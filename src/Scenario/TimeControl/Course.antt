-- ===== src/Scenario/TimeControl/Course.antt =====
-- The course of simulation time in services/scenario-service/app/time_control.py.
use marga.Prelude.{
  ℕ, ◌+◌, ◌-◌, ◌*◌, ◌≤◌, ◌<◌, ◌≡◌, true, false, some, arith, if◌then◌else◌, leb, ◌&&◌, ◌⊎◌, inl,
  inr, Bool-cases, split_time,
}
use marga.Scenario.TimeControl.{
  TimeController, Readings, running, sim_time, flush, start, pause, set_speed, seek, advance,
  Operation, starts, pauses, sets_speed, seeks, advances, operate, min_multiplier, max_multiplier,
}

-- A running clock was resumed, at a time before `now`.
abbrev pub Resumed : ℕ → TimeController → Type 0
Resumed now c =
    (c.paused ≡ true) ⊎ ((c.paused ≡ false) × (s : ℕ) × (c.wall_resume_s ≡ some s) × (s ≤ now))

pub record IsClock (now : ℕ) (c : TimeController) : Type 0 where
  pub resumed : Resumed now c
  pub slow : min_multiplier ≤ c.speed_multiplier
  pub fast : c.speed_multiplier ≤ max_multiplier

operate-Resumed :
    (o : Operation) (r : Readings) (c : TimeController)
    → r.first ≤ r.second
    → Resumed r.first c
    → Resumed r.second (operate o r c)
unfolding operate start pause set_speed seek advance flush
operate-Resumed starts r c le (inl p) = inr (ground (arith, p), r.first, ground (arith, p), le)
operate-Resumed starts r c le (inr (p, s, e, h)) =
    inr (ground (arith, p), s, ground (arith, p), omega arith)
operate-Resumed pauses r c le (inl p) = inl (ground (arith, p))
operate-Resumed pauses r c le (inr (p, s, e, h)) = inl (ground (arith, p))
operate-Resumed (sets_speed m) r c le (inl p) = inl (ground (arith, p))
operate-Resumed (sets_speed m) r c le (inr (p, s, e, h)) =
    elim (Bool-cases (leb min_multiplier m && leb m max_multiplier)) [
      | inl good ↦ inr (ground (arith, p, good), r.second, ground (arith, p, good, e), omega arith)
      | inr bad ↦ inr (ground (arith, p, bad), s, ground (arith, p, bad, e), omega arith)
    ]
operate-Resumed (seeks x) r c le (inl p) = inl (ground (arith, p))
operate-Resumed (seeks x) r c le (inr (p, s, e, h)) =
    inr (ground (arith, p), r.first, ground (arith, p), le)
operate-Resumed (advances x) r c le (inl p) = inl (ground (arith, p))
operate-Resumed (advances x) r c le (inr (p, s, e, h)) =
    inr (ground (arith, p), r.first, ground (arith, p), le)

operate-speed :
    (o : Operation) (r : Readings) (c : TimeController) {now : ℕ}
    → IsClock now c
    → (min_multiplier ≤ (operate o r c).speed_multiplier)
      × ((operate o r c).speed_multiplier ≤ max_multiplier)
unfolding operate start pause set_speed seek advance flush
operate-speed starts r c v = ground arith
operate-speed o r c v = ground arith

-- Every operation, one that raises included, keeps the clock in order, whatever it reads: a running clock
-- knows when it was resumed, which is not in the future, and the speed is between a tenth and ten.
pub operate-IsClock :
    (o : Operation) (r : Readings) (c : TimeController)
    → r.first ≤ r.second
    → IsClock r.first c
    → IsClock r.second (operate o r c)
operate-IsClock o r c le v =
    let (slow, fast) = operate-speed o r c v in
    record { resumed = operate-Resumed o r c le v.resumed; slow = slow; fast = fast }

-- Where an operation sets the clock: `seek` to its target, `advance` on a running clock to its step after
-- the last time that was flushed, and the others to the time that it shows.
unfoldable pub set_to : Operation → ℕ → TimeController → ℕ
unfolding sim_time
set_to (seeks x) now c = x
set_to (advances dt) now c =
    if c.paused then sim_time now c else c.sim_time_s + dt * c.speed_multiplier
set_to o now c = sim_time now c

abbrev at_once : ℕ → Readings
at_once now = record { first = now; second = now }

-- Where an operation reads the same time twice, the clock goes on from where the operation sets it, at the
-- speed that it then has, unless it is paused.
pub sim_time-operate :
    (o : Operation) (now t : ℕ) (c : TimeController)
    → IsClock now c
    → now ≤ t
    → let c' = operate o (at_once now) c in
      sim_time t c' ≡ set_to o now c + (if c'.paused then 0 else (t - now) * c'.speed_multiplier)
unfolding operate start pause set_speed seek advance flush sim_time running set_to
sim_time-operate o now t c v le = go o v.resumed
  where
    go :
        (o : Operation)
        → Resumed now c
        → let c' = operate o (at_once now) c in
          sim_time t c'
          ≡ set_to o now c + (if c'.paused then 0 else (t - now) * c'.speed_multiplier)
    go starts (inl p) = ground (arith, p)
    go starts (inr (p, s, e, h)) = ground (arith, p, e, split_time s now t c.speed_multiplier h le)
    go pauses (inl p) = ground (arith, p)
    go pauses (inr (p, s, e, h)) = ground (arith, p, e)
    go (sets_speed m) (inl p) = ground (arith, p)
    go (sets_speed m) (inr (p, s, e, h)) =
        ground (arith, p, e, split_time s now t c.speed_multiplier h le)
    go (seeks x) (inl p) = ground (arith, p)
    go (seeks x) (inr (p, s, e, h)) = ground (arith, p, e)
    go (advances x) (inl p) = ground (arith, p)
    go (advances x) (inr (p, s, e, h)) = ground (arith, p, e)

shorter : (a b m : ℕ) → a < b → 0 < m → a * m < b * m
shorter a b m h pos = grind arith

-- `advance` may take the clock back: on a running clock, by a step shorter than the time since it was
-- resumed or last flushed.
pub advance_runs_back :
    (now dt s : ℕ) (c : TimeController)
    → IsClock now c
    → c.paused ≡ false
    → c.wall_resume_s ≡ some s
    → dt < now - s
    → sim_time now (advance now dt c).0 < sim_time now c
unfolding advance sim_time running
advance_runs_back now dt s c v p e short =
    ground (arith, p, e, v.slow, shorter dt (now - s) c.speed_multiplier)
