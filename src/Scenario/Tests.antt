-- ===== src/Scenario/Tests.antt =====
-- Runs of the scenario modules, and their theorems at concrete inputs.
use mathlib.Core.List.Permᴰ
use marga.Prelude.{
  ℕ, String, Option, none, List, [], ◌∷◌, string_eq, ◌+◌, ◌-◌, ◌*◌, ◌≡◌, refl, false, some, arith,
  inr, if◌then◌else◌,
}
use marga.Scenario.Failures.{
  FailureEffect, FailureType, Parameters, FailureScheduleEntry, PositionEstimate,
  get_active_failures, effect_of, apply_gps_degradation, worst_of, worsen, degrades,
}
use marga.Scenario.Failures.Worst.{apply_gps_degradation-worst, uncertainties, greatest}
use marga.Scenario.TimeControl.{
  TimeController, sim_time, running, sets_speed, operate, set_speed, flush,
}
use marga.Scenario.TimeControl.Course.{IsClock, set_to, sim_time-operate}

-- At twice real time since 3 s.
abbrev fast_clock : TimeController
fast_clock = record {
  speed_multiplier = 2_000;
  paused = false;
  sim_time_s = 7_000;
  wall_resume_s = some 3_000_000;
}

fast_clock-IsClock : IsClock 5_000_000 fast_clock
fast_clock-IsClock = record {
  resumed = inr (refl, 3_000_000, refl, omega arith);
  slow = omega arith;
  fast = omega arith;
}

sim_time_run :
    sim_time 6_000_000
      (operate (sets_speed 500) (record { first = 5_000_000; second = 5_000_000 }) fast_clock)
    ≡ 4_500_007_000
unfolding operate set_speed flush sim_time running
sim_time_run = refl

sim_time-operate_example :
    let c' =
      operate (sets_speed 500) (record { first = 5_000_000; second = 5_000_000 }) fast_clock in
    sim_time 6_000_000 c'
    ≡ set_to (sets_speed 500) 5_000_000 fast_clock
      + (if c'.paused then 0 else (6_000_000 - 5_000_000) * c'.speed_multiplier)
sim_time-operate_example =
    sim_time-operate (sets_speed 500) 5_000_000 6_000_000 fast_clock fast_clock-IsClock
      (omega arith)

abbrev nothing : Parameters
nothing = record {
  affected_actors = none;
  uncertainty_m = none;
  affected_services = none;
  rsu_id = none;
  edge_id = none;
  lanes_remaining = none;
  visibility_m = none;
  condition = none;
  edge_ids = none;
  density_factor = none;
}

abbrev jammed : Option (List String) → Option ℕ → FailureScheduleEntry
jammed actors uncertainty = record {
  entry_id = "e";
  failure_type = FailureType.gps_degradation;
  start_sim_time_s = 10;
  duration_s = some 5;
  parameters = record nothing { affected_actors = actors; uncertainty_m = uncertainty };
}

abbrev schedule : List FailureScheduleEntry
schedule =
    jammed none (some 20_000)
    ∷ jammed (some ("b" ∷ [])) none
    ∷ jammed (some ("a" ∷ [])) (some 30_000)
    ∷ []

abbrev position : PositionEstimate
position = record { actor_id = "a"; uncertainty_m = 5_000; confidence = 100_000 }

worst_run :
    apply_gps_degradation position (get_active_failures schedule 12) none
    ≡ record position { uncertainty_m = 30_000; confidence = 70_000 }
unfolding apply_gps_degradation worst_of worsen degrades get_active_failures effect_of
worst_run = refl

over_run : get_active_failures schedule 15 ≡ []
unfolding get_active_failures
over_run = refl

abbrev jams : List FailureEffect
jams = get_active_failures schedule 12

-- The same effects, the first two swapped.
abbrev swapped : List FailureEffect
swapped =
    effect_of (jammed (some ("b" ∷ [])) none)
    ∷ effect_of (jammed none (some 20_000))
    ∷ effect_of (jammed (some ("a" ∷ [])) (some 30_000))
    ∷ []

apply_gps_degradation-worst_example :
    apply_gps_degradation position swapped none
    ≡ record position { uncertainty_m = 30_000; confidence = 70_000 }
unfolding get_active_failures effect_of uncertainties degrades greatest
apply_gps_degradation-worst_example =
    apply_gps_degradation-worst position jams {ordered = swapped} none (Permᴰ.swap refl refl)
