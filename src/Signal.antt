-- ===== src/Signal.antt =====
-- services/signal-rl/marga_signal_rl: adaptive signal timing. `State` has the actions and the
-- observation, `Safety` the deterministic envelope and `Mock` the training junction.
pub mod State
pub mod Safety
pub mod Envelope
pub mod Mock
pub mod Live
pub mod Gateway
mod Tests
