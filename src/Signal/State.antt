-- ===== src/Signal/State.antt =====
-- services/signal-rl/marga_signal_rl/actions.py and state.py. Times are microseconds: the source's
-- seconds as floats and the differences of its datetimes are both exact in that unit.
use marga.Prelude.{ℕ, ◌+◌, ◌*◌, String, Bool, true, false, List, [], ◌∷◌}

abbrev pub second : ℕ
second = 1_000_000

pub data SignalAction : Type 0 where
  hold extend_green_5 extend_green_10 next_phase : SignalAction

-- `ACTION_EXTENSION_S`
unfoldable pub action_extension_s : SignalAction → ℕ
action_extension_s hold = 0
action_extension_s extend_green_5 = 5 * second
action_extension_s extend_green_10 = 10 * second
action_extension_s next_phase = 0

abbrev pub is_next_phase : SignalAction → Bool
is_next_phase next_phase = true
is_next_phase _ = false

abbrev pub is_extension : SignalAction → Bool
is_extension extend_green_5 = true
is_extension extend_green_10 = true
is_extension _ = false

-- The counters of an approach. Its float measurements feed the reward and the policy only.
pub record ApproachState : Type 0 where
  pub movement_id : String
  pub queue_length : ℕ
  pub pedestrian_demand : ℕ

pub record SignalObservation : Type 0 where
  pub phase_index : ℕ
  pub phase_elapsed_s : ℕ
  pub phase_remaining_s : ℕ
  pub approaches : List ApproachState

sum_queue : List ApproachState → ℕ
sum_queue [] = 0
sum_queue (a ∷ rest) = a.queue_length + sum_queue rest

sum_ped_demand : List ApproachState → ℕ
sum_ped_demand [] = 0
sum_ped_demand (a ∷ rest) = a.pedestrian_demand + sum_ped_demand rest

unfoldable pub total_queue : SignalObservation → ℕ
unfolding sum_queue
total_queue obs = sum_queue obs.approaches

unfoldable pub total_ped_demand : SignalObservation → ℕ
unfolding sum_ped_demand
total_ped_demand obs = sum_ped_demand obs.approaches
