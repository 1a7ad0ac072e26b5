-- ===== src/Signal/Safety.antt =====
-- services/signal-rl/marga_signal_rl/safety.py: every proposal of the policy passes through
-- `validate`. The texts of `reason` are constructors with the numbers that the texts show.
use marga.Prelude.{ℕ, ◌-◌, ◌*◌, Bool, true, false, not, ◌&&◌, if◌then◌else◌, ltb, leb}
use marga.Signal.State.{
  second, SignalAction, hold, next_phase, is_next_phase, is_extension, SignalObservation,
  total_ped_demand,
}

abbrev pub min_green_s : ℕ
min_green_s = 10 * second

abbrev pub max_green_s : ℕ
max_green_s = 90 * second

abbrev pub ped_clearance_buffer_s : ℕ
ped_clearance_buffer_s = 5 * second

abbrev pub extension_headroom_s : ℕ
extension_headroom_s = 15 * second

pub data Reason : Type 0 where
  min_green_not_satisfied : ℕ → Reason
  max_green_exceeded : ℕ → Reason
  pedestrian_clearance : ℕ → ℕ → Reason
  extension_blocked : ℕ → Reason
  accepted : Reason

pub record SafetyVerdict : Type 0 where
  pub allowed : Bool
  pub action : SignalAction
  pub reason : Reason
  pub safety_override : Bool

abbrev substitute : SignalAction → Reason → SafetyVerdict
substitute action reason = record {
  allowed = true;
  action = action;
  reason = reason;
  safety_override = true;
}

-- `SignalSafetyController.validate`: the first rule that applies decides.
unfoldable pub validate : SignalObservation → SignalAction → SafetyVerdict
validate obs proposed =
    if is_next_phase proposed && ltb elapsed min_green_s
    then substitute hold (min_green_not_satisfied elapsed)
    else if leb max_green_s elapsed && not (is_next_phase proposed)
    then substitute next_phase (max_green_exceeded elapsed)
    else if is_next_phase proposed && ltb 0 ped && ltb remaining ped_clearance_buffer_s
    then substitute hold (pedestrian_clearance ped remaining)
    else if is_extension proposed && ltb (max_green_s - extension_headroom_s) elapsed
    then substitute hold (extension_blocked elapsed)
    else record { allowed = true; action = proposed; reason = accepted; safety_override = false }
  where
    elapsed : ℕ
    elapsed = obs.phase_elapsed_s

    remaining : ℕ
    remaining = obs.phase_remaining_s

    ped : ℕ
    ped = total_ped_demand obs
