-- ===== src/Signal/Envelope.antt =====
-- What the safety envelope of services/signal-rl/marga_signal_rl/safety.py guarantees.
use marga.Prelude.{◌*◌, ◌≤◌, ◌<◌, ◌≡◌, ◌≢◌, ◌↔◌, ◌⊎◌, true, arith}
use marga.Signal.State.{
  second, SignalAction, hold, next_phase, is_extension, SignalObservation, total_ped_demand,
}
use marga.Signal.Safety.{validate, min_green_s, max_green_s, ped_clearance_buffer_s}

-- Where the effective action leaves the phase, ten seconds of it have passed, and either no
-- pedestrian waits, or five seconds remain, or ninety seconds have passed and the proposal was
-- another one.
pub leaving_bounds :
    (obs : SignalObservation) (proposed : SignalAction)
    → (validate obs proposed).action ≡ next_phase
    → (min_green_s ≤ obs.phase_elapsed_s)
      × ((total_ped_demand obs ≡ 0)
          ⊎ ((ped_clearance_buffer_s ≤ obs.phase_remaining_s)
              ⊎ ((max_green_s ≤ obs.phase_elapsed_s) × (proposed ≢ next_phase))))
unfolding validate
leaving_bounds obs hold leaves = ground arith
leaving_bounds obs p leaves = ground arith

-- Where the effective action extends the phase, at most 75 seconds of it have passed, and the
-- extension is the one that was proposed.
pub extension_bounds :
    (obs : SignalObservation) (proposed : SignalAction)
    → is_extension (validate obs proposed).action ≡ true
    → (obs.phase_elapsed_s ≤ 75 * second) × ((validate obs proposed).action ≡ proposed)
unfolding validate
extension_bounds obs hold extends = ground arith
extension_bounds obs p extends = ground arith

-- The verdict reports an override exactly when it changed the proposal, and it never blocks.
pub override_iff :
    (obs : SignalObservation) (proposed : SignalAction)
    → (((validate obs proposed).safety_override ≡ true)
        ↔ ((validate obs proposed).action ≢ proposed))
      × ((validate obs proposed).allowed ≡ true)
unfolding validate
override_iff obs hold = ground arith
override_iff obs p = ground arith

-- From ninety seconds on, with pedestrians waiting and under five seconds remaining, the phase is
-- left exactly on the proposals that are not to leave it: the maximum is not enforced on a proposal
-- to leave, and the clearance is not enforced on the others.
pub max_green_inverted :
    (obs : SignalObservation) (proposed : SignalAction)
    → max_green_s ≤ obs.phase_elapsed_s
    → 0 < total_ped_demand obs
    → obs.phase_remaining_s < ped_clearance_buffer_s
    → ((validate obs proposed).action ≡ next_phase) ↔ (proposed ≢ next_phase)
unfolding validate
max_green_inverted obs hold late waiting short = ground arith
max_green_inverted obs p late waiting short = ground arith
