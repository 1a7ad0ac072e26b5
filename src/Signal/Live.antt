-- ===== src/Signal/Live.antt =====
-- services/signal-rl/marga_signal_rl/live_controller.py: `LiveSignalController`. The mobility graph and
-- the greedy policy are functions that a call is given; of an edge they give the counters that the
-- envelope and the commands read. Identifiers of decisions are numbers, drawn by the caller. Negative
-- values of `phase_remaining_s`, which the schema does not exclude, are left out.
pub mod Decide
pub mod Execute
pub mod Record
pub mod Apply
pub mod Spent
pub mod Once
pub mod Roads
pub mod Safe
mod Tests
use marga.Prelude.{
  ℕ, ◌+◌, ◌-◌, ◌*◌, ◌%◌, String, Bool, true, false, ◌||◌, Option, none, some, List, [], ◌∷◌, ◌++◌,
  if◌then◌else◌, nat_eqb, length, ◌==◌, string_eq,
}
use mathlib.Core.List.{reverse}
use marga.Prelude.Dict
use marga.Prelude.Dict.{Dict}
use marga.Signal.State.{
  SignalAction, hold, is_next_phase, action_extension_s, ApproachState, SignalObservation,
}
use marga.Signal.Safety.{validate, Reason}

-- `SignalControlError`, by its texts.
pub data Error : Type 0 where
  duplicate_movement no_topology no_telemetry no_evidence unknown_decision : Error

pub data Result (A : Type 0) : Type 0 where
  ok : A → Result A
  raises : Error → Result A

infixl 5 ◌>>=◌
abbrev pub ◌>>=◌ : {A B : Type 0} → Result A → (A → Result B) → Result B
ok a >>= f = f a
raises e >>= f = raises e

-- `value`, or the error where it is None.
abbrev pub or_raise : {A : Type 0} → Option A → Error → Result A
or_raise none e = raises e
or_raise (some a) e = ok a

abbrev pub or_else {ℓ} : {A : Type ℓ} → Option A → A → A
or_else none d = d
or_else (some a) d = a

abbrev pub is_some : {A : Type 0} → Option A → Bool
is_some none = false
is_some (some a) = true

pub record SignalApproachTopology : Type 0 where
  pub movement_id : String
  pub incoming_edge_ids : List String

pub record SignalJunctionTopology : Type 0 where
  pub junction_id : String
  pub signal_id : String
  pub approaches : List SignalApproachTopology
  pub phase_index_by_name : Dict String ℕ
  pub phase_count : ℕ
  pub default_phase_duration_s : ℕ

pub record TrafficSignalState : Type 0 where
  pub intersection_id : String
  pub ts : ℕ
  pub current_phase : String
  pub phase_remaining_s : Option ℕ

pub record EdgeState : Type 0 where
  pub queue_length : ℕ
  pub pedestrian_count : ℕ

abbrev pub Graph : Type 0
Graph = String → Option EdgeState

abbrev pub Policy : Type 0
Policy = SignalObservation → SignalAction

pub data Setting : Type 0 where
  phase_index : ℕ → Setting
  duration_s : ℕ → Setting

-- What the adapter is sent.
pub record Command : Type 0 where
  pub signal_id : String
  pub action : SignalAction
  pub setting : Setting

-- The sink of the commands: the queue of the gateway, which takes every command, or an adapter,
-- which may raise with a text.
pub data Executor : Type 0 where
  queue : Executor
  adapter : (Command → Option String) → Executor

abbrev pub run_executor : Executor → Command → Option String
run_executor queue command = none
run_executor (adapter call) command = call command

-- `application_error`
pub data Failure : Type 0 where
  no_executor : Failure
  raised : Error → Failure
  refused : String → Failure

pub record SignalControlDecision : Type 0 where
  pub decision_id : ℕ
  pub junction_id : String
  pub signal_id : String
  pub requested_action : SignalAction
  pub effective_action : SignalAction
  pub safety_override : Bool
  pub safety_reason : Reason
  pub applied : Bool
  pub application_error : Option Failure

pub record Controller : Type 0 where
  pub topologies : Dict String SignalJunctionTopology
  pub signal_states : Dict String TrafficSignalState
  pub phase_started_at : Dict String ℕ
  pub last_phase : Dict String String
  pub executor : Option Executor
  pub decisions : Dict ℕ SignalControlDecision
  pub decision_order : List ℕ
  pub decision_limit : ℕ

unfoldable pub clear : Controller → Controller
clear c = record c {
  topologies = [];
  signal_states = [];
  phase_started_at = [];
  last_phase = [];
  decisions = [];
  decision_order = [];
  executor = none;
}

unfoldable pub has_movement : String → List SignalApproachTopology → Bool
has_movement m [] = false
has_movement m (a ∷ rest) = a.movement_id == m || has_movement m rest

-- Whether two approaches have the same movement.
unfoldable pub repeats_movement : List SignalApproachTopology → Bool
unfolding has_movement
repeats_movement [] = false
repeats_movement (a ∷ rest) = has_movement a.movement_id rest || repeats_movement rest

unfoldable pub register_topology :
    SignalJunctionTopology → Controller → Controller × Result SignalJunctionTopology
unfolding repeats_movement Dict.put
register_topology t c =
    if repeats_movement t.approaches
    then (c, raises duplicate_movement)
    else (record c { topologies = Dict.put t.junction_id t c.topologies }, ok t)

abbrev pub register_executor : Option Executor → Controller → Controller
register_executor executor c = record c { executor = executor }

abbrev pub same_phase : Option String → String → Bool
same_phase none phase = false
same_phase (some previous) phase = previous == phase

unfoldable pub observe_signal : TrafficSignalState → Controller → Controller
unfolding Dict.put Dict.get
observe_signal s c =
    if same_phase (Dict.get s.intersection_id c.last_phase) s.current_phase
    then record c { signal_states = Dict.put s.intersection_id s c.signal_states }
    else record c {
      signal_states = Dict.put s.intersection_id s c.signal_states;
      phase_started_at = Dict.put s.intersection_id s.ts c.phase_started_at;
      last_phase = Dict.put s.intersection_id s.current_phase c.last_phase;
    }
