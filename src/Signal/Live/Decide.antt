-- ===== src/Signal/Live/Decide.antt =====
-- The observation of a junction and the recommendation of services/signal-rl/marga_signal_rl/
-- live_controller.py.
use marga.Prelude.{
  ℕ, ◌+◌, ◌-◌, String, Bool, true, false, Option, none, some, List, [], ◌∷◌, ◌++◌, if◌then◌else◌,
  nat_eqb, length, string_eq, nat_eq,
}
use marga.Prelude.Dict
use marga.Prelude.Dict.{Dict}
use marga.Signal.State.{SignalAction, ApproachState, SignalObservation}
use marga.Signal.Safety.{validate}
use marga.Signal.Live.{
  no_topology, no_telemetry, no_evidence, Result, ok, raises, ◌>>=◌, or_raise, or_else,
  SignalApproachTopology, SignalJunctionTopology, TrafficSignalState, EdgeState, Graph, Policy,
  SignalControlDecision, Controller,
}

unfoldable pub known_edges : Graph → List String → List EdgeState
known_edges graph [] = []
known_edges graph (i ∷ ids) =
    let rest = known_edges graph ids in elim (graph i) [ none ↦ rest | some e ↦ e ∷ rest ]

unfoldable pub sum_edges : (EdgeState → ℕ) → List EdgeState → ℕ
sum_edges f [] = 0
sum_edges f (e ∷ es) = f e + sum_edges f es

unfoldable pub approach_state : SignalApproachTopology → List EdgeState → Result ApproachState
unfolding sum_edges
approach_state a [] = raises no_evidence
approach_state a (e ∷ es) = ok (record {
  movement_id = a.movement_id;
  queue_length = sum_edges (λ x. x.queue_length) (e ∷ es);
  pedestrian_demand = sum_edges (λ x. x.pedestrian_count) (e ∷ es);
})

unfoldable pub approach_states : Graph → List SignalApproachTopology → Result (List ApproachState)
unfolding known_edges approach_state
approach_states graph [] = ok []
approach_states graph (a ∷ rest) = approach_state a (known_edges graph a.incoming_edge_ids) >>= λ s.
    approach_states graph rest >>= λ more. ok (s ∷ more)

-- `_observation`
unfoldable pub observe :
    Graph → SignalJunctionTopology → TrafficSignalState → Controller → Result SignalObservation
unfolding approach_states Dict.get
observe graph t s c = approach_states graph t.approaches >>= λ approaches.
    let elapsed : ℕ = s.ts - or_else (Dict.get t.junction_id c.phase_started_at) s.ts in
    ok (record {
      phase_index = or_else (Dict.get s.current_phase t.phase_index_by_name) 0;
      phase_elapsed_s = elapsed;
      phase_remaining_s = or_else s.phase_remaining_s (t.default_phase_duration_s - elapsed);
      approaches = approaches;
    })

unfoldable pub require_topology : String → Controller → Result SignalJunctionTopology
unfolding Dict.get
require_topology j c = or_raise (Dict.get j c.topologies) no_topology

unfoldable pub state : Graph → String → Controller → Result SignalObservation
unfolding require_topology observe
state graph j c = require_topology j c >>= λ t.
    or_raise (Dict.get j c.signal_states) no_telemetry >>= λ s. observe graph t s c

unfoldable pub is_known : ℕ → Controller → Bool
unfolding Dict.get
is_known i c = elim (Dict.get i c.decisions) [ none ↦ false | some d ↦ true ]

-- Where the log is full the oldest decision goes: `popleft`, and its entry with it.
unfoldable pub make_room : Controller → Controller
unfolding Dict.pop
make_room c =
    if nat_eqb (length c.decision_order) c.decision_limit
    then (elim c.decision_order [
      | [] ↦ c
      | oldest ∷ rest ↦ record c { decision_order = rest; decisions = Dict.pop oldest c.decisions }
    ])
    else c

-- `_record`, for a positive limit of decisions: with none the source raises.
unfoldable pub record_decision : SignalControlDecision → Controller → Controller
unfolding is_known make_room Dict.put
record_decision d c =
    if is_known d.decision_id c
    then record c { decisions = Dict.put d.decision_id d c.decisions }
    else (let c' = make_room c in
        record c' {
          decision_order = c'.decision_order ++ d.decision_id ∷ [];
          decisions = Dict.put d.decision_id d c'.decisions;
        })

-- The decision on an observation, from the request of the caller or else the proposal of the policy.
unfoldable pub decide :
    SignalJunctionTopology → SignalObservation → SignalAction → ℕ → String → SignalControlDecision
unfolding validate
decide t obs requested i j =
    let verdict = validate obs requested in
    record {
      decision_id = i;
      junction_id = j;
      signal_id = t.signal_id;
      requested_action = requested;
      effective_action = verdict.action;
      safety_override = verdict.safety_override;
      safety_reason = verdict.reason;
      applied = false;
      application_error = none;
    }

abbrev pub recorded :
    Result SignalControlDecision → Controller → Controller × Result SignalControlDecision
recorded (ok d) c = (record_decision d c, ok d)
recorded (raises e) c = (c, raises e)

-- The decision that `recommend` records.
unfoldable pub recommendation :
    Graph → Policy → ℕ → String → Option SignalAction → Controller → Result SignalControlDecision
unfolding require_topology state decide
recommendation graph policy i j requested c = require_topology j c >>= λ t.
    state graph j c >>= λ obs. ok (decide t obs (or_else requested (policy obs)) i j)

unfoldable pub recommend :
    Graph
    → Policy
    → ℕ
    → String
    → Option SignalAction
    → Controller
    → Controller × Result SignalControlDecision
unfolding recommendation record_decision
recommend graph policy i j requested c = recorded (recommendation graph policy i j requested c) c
------------------------------------
Copy every line of the listing where the word "have" appears.

TASK RESULT:
-- Where the effective action leaves the phase, ten seconds of it have passed, and either no
-- pedestrian waits, or five seconds remain, or ninety seconds have passed and the proposal was
-- Where the effective action extends the phase, at most 75 seconds of it have passed, and the
-- Whether two approaches have the same movement.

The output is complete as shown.